++++ Records supplied

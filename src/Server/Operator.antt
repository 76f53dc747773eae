-- ===== src/Server/Operator.antt =====
-- server/operator.go: the operator's terminal. Its writer is never nil.
pub mod Dispatch
use net_cat.Base.{
  Bytes, codes, bytes_eq, trim_space, length, ℕ, suc, not, List, [], ◌∷◌, ◌++◌, ◌==◌, Option, none,
  some, if◌then◌else◌,
}
use net_cat.Base.Assoc.{Assoc, lookup}
use net_cat.Base.Decimal.{decimal}
use net_cat.Client.{close, is_admin, is_muted}
use net_cat.Cmd.{CommandDef, commands, command_order, parse_command, priv_user}
use net_cat.Server.{Server, Now, Room, QueueEntry, on_client, send_to}
use net_cat.Server.Names.{extract_host}
use net_cat.Server.Rooms.{
  get_room_names, get_room_client_count, get_or_create_room, remove_from_all_room_queues_by_ip,
  is_empty,
}
use net_cat.Server.Clients.{get_client}
use net_cat.Server.Moderation.{add_kick_cooldown, add_ban_ip}
use net_cat.Server.Commands.{not_found}
use net_cat.Server.Commands.Inform.{idle_line, sorted_entries, pad_right, help_line}
use net_cat.Server.Commands.Moderate.{
  kick_client, ban_client, mute_client, unmute_client, promote_client, demote_client, announce_all,
  close_all,
}

unfoldable pub operator_send : Bytes → Server → Server
operator_send msg s = record s { operator_output = s.operator_output ++ msg }

unfoldable pub operator_lines : List Bytes → Server → Server
operator_lines [] s = s
operator_lines (l ∷ ls) s = operator_lines ls (operator_send l s)

-- The name that the operator signs with.
abbrev pub operator_name : Bytes
operator_name = codes "Server"

idle_lines : List (Bytes × ℕ) → List Bytes
idle_lines [] = []
idle_lines (e ∷ es) = idle_line e ∷ idle_lines es

queue_lines : ℕ → List QueueEntry → Server → List Bytes
queue_lines i [] s = []
queue_lines i (e ∷ es) s =
    (codes "  [queued #"
      ++ (decimal (suc i) ++ (codes "] " ++ (extract_host (s.heap e.client).ip ++ codes "\n"))))
    ∷ queue_lines (suc i) es s

room_lines : Now → Bytes → Room → Server → List Bytes
room_lines now name r s =
    ((codes "Room "
        ++ (name ++ (codes " (" ++ (decimal (length r.clients) ++ codes " clients):\n"))))
      ∷ idle_lines (sorted_entries now s.heap r.clients))
    ++ queue_lines 0 r.queue s

list_rooms : Now → List Bytes → Server → List Bytes
list_rooms now [] s = []
list_rooms now (name ∷ names) s =
    room_lines now name (get_or_create_room name s) s ++ list_rooms now names s

unfoldable pub operator_cmd_list : Now → Server → Server
unfolding list_rooms room_lines queue_lines idle_lines
operator_cmd_list now s = operator_lines (list_rooms now (get_room_names s) s) s

operator_help_lines : List Bytes → List Bytes
operator_help_lines [] = []
operator_help_lines (name ∷ names) =
    help_line (elim (lookup name commands) [
      | none ↦ record { name = []; min_priv = priv_user; usage = []; description = [] }
      | some def ↦ def
    ])
    ∷ operator_help_lines names

unfoldable pub operator_cmd_help : Server → Server
unfolding operator_help_lines
operator_cmd_help s =
    operator_lines (codes "Available commands:\n" ∷ operator_help_lines command_order) s

operator_room_lines : List Bytes → Server → List Bytes
operator_room_lines [] s = []
operator_room_lines (name ∷ names) s =
    (codes "  "
      ++ (name ++ (codes " (" ++ (decimal (get_room_client_count name s) ++ codes " clients)\n"))))
    ∷ operator_room_lines names s

unfoldable pub operator_cmd_rooms : Server → Server
unfolding operator_room_lines
operator_cmd_rooms s =
    operator_lines (codes "Available rooms:\n" ∷ operator_room_lines (get_room_names s) s) s

queued_notice : Bytes → Bytes → Bytes
queued_notice args action =
    codes "Queued user(s) from IP "
    ++ (extract_host args ++ (codes " have been " ++ (action ++ codes ".\n")))

-- The target is no connected user: it is taken as the address of queued clients.
unfoldable pub operator_kick_queued : Now → Bytes → Server → Server
unfolding queued_notice
operator_kick_queued now args s =
    let (removed, s') = remove_from_all_room_queues_by_ip args s in
    if is_empty removed
    then operator_send (not_found args) s'
    else operator_send (queued_notice args (codes "kicked")) (
        add_kick_cooldown now args
          (close_all (codes "You have been kicked by Server.\n") removed s'))

unfoldable pub operator_kick_found : Now → Bytes → Option ℕ → Server → Server
unfolding operator_kick_queued
operator_kick_found now args none s = operator_kick_queued now args s
operator_kick_found now args (some target) s =
    operator_send (args ++ codes " has been kicked.\n")
      (kick_client now operator_name args target s)

missing_target : Bytes → Bytes
missing_target name = codes "Missing target. Usage: /" ++ (name ++ codes " <name>\n")

unfoldable pub operator_cmd_kick : Now → Bytes → Server → Server
unfolding operator_kick_found missing_target
operator_cmd_kick now args s =
    if bytes_eq args []
    then operator_send (missing_target (codes "kick")) s
    else operator_kick_found now args (get_client args s) s

unfoldable pub operator_ban_queued : Bytes → Server → Server
unfolding queued_notice
operator_ban_queued args s =
    let (removed, s') = remove_from_all_room_queues_by_ip args s in
    if is_empty removed
    then operator_send (not_found args) s'
    else operator_send (queued_notice args (codes "banned"))
        (add_ban_ip args (close_all (codes "You have been banned by Server.\n") removed s'))

unfoldable pub operator_ban_found : Now → Bytes → Option ℕ → Server → Server
unfolding operator_ban_queued
operator_ban_found now args none s = operator_ban_queued args s
operator_ban_found now args (some target) s =
    operator_send (args ++ codes " has been banned.\n")
      (ban_client now operator_name [] args target s)

unfoldable pub operator_cmd_ban : Now → Bytes → Server → Server
unfolding operator_ban_found missing_target
operator_cmd_ban now args s =
    if bytes_eq args []
    then operator_send (missing_target (codes "ban")) s
    else operator_ban_found now args (get_client args s) s

unfoldable pub operator_mute_found : Now → Bytes → Option ℕ → Server → Server
operator_mute_found now args none s = operator_send (not_found args) s
operator_mute_found now args (some target) s =
    if is_muted (s.heap target)
    then operator_send (args ++ codes " is already muted.\n") s
    else operator_send (args ++ codes " has been muted.\n")
        (mute_client now operator_name args target s)

unfoldable pub operator_cmd_mute : Now → Bytes → Server → Server
unfolding operator_mute_found missing_target
operator_cmd_mute now args s =
    if bytes_eq args []
    then operator_send (missing_target (codes "mute")) s
    else operator_mute_found now args (get_client args s) s

unfoldable pub operator_unmute_found : Now → Bytes → Option ℕ → Server → Server
operator_unmute_found now args none s = operator_send (not_found args) s
operator_unmute_found now args (some target) s =
    if not (is_muted (s.heap target))
    then operator_send (args ++ codes " is not muted.\n") s
    else operator_send (args ++ codes " has been unmuted.\n")
        (unmute_client now operator_name args target s)

unfoldable pub operator_cmd_unmute : Now → Bytes → Server → Server
unfolding operator_unmute_found missing_target
operator_cmd_unmute now args s =
    if bytes_eq args []
    then operator_send (missing_target (codes "unmute")) s
    else operator_unmute_found now args (get_client args s) s

unfoldable pub operator_cmd_announce : Now → Bytes → Server → Server
operator_cmd_announce now args s =
    if length (trim_space args) == 0
    then operator_send (codes "Usage: /announce <message>\n") s
    else operator_send (codes "Announcement sent.\n") (announce_all now operator_name args s)

unfoldable pub operator_promote_found : Now → Bytes → Option ℕ → Server → Server
operator_promote_found now args none s = operator_send (not_found args) s
operator_promote_found now args (some target) s =
    if is_admin (s.heap target)
    then operator_send (args ++ codes " is already an admin.\n") s
    else operator_send (args ++ codes " has been promoted to admin.\n")
        (promote_client now operator_name args target s)

unfoldable pub operator_cmd_promote : Now → Bytes → Server → Server
unfolding operator_promote_found missing_target
operator_cmd_promote now args s =
    if bytes_eq args []
    then operator_send (missing_target (codes "promote")) s
    else operator_promote_found now args (get_client args s) s

unfoldable pub operator_demote_found : Now → Bytes → Option ℕ → Server → Server
operator_demote_found now args none s = operator_send (not_found args) s
operator_demote_found now args (some target) s =
    if not (is_admin (s.heap target))
    then operator_send (args ++ codes " is not an admin.\n") s
    else operator_send (args ++ codes " has been demoted.\n")
        (demote_client now operator_name args target s)

unfoldable pub operator_cmd_demote : Now → Bytes → Server → Server
unfolding operator_demote_found missing_target
operator_cmd_demote now args s =
    if bytes_eq args []
    then operator_send (missing_target (codes "demote")) s
    else operator_demote_found now args (get_client args s) s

++++++++

One number only, please: the count of lines in the material holding the word "QueueEntry".

2